What is being asked: Using the records below, give the number of lines where the string "after" shows up. Add nothing to it.

(Beginning of Records supplied)

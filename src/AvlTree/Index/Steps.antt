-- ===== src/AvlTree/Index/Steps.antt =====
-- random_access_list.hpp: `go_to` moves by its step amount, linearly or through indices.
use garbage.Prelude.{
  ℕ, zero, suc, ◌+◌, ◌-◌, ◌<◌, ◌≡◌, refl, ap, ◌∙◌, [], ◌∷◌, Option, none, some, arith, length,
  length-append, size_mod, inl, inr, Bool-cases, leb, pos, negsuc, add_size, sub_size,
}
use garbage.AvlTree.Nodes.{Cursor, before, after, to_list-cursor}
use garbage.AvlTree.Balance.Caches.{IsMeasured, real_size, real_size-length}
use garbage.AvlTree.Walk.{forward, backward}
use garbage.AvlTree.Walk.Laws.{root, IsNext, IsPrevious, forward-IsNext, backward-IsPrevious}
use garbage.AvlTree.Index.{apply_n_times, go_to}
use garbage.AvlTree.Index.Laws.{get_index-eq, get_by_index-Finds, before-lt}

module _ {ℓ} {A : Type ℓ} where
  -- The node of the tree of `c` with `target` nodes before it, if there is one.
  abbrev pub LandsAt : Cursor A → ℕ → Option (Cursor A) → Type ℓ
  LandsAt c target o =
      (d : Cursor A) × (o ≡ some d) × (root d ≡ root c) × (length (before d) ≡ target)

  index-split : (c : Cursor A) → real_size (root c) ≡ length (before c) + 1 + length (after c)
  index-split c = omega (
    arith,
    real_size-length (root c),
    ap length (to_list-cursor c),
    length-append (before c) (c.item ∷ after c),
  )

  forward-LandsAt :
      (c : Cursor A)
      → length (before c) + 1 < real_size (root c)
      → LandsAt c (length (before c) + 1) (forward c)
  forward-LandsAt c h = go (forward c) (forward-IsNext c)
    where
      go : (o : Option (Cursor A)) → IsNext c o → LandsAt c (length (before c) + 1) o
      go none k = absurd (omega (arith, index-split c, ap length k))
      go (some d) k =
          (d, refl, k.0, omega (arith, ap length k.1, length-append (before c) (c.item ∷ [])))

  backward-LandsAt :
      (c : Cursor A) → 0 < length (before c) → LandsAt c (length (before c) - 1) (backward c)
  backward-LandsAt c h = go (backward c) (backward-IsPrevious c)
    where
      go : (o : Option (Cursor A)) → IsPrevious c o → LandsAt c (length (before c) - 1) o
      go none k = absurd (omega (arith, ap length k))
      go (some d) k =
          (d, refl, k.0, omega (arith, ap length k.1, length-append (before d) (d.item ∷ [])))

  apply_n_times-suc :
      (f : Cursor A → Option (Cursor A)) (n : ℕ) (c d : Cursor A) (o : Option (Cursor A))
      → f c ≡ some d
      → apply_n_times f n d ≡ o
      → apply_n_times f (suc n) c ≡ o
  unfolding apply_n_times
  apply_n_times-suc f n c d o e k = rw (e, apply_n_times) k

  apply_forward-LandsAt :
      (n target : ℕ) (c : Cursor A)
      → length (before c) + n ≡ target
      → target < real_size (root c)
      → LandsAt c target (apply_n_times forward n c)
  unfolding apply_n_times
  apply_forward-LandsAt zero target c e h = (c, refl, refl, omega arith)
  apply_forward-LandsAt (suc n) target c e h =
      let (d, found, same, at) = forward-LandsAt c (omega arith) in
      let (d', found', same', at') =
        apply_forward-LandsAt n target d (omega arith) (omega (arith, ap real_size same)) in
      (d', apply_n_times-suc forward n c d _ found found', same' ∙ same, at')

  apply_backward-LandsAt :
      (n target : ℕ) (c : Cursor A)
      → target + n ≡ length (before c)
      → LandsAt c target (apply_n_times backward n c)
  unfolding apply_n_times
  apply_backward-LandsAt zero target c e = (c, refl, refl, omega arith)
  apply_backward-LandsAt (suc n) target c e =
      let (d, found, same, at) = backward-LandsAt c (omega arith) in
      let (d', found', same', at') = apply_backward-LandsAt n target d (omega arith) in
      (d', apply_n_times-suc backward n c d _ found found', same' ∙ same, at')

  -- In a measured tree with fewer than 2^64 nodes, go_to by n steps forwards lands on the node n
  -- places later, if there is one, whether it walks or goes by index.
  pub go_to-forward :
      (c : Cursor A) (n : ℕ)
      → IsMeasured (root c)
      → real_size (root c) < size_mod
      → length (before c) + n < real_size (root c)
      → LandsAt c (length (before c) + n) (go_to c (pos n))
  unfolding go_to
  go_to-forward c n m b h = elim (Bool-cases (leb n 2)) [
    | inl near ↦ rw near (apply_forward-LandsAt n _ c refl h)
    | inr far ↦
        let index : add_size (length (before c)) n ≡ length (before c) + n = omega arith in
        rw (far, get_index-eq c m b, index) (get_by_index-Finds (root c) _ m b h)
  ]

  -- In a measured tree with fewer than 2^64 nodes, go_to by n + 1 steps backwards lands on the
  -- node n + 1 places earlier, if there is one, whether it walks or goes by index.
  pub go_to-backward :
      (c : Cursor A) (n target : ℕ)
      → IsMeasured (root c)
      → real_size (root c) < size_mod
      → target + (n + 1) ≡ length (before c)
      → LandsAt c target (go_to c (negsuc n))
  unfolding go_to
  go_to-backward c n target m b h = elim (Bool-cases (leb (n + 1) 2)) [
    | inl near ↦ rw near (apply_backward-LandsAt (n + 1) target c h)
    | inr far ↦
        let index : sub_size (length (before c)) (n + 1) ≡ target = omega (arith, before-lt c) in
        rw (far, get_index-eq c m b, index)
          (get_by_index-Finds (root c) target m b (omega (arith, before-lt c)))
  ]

(End of Records supplied)

Expected answer: 3